Presidential speechwriter at State House Uganda

Personal details
- Occupation: Speechwriter, public official

= Alice Muhoozi =

Ugandan presidential speechwriter and public official

Alice Muhoozi is a Ugandan public official who has served as a presidential speechwriter at State House Uganda.

She is President Yoweri Museveni’s speechwriter and also serves on the board of the Uganda Printing and Publishing Corporation (UPPC).

== Education and career ==
Muhoozi possesses a master's degree in International Relations and Diplomatic Studies, and a bachelor's degree in English Language Studies and Linguistics.

She edited the second edition of Yoweri Museveni's Sowing the Mustard Seed: The Struggle for Freedom and Democracy in Uganda.
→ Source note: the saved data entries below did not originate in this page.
-- ===== src/Tools/Calls/People.antt =====
-- `dispatchOneTool` of internal/usecase/gm.go: the calls on the NPCs and on the files of the character.
use narrative_ai_agent.Prelude.{
  ℕ, ◌-◌, ltb, Bool, true, false, not, Option, none, some, [], ◌∷◌, ◌++◌, ok,
}
use narrative_ai_agent.Prelude.Text.{Text, lit, trim_space}
use narrative_ai_agent.Inventory.{Item}
use narrative_ai_agent.Repositories.{update}
use narrative_ai_agent.Session.{start}
use narrative_ai_agent.Tools.Npc.{NewProfile, SearchResult, create_npc, update_npc, search}
use narrative_ai_agent.Tools.Character.{Call, append_inventory_item, set_currency_tool}
use narrative_ai_agent.Tools.Calls.{
  text_value, int_value, bool_value, Fields, field, to_text, to_int, to_bool, to_texts, of_npcs,
  Payload, Do, done, ◌>>=◌, ◌>>◌, as_refusal, on_store, on_npcs, on_characters, needs,
  current_world, is_full, stable, Backend,
}

module _ (b : Backend) where
  unfoldable pub run_create_npc : Text → NewProfile → Do (Unit {0})
  unfolding on_npcs create_npc
  run_create_npc world spec =
      on_npcs (create_npc b.to_lower b.equal_fold b.read_roster b.write_roster true world spec)

  -- The fields of the call that become the profile; its file is not read by `Create`.
  unfoldable pub npc_spec : Fields → NewProfile
  unfolding field to_texts
  npc_spec args = record {
    display_name = to_text (field (lit "display_name") args);
    nicknames = to_texts (field (lit "nicknames") args);
    temperament = to_text (field (lit "temperament") args);
    relations = to_text (field (lit "relations") args);
    abilities = to_texts (field (lit "abilities") args);
    personal_memory = [];
    current_status = [];
    critical_knowledge = [];
    last_update = [];
  }

  unfoldable pub call_create_npc : Fields → Do Payload
  unfolding field npc_spec current_world run_create_npc done ◌>>=◌
  call_create_npc args = do
    world ← current_world
    run_create_npc world (npc_spec args)
    done (
        stable (
          (lit "status", text_value (lit "created"))
          ∷ (lit "display_name", text_value (to_text (field (lit "display_name") args)))
          ∷ (lit "file", text_value (to_text (field (lit "file_slug") args)))
          ∷ (lit "in_scene_now", bool_value false)
          ∷ (
            lit "hint",
            text_value (lit "NPC profile is on disk; add to scene with update_state if needed"),
          )
          ∷ []))

  -- A call on the files of the active character.
  unfoldable pub with_character : {A : Type 0} → (Text → Call A) → Do A
  unfolding start on_store on_characters ◌>>=◌
  with_character act = do sc ← on_store start; on_characters (act sc.character)

  abbrev pub appended : Text → Text → Payload
  appended file section = stable (
      (lit "status", text_value (lit "appended"))
      ∷ (lit "file", text_value file)
      ∷ (lit "section", text_value section)
      ∷ [])

  -- `update_soul`, `update_skill` and `update_memory`, by their names, their files, the end of an error and
  -- their calls.
  unfoldable pub call_append :
      Text → Text → Text → (Text → Text → Text → Call Bool) → Fields → Do Payload
  unfolding field trim_space needs with_character done ◌>>=◌
  call_append name file missing act args =
      let section = to_text (field (lit "section") args) in
      let value = to_text (field (lit "append") args) in
      do
        needs (is_full section) (name ++ lit ": section required")
        needs (is_full (trim_space value)) (name ++ missing)
        with_character (λ character. act character section value)
        done (appended file section)

  unfoldable pub item_of : Text → Fields → Item
  unfolding field
  item_of name args = record {
    name = name;
    description = to_text (field (lit "description") args);
    equip = to_bool (field (lit "equip") args);
    special = to_text (field (lit "special") args);
  }

  unfoldable pub call_update_inventory : Fields → Do Payload
  unfolding field trim_space needs with_character append_inventory_item item_of done ◌>>=◌
  call_update_inventory args =
      let name = trim_space (to_text (field (lit "name") args)) in
      let kind = to_text (field (lit "type") args) in
      do
        needs (is_full name) (lit "update_inventory: name required")
        needs (is_full kind) (lit "update_inventory: type required")
        with_character (λ character. append_inventory_item character (item_of name args))
        done (
            stable (
              (lit "status", text_value (lit "recorded"))
              ∷ (lit "name", text_value name)
              ∷ (lit "type", text_value kind)
              ∷ []))

  abbrev pub named_answer : Text → Fields → Text → Payload
  named_answer status more name =
      stable ((lit "status", text_value status) ∷ (lit "name", text_value name) ∷ more)

  -- The three calls that need a name alone.
  unfoldable pub call_named : Text → Text → Fields → (Text → Text → Call Bool) → Fields → Do Payload
  unfolding field trim_space needs with_character done ◌>>=◌
  call_named tool status more act args =
      let name = trim_space (to_text (field (lit "name") args)) in
      do
        needs (is_full name) (tool ++ lit ": name required")
        with_character (λ character. act character name)
        done (named_answer status more name)

  unfoldable pub run_update_npc : Text → Text → Text → Text → Do (Unit {0})
  unfolding on_npcs update_npc
  run_update_npc world npc section value =
      on_npcs (
        update_npc b.to_lower b.equal_fold b.read_roster b.write_roster true world npc section
          value)

  unfoldable pub call_update_npc : Fields → Do Payload
  unfolding field trim_space needs current_world run_update_npc done ◌>>=◌
  call_update_npc args =
      let npc = to_text (field (lit "npc") args) in
      let section = to_text (field (lit "section") args) in
      let value = to_text (field (lit "append") args) in
      do
        needs (is_full npc) (lit "update_npc: npc name required")
        needs (is_full section) (lit "update_npc: section required")
        needs (is_full (trim_space value))
            (lit "update_npc: append text required (no empty updates)")
        world ← current_world
        run_update_npc world npc section value
        done (
            stable (
              (lit "status", text_value (lit "appended"))
              ∷ (lit "npc", text_value npc)
              ∷ (lit "section", text_value section)
              ∷ []))

  abbrev is_recent : ℕ → ℕ → Option ℕ → Bool
  is_recent now window none = false
  is_recent now window (some turn) = ltb (now - turn) window

  unfoldable pub within_rate : Text → Do (Unit {0})
  unfolding needs
  within_rate query w =
      needs (not (is_recent w.turn_counter w.rate_window (w.searches query)))
        (lit "search_npc: rate-limited (same query recently)") w

  unfoldable pub search_in : Text → Text → Do SearchResult
  unfolding search
  search_in world query w = (
    as_refusal of_npcs
        (search b.to_lower b.equal_fold b.read_roster b.write_roster true world query w.npcs),
    w,
  )

  unfoldable pub note_search : Text → Do (Unit {0})
  note_search query w =
      (ok tt, record w { searches = update w.searches query (some w.turn_counter) })

  unfoldable pub call_search_npc : Fields → Do Payload
  unfolding field trim_space needs within_rate current_world search_in note_search done ◌>>=◌
  call_search_npc args =
      let query = trim_space (to_text (field (lit "query") args)) in
      do
        needs (is_full query) (lit "search_npc: query required")
        within_rate query
        world ← current_world
        res ← search_in world query
        note_search query
        done (
            stable (
              (lit "status", text_value (lit "found"))
              ∷ (lit "display_name", text_value res.display_name)
              ∷ (lit "slug", text_value res.slug)
              ∷ (lit "temperament", text_value res.temperament)
              ∷ (lit "current_status", text_value res.current_status)
              ∷ (lit "source", text_value res.source)
              ∷ (
                lit "hint",
                text_value
                    (lit "if you need this NPC in the current scene, follow up with update_state"),
              )
              ∷ []))

  unfoldable pub call_set_currency : Fields → Do Payload
  unfolding field to_int call_named set_currency_tool
  call_set_currency args =
      let count = to_int (field (lit "count") args) in
      call_named (lit "set_currency") (lit "recorded") ((lit "count", int_value count) ∷ [])
        (λ character name. set_currency_tool character name count) args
She also co-authored the Katondoozi y'oRunyankore-Rukiga, a thesaurus of Runyankore-Rukiga, with Yoweri Museveni, Muranga Manuel and Gilbert Gumoshabe.

In 2023, Muhoozi was named as a board member of the Uganda Printing and Publishing Corporation, the state-owned publisher of the Uganda Gazette and other government publications.

== Controversy ==
Muhoozi came to wider public attention through her role at the State House, where she serves as President Museveni's speechwriter in reporting on an Independence Day speech controversy. The anniversary was celebrated in Kyotera district, where President Yoweri Museveni was the chief guest. She is said to have recycled the 2017 independence day speech on the 56th Independence anniversary. The replicated words, 167 in total, followed immediately after the preamble in the same order.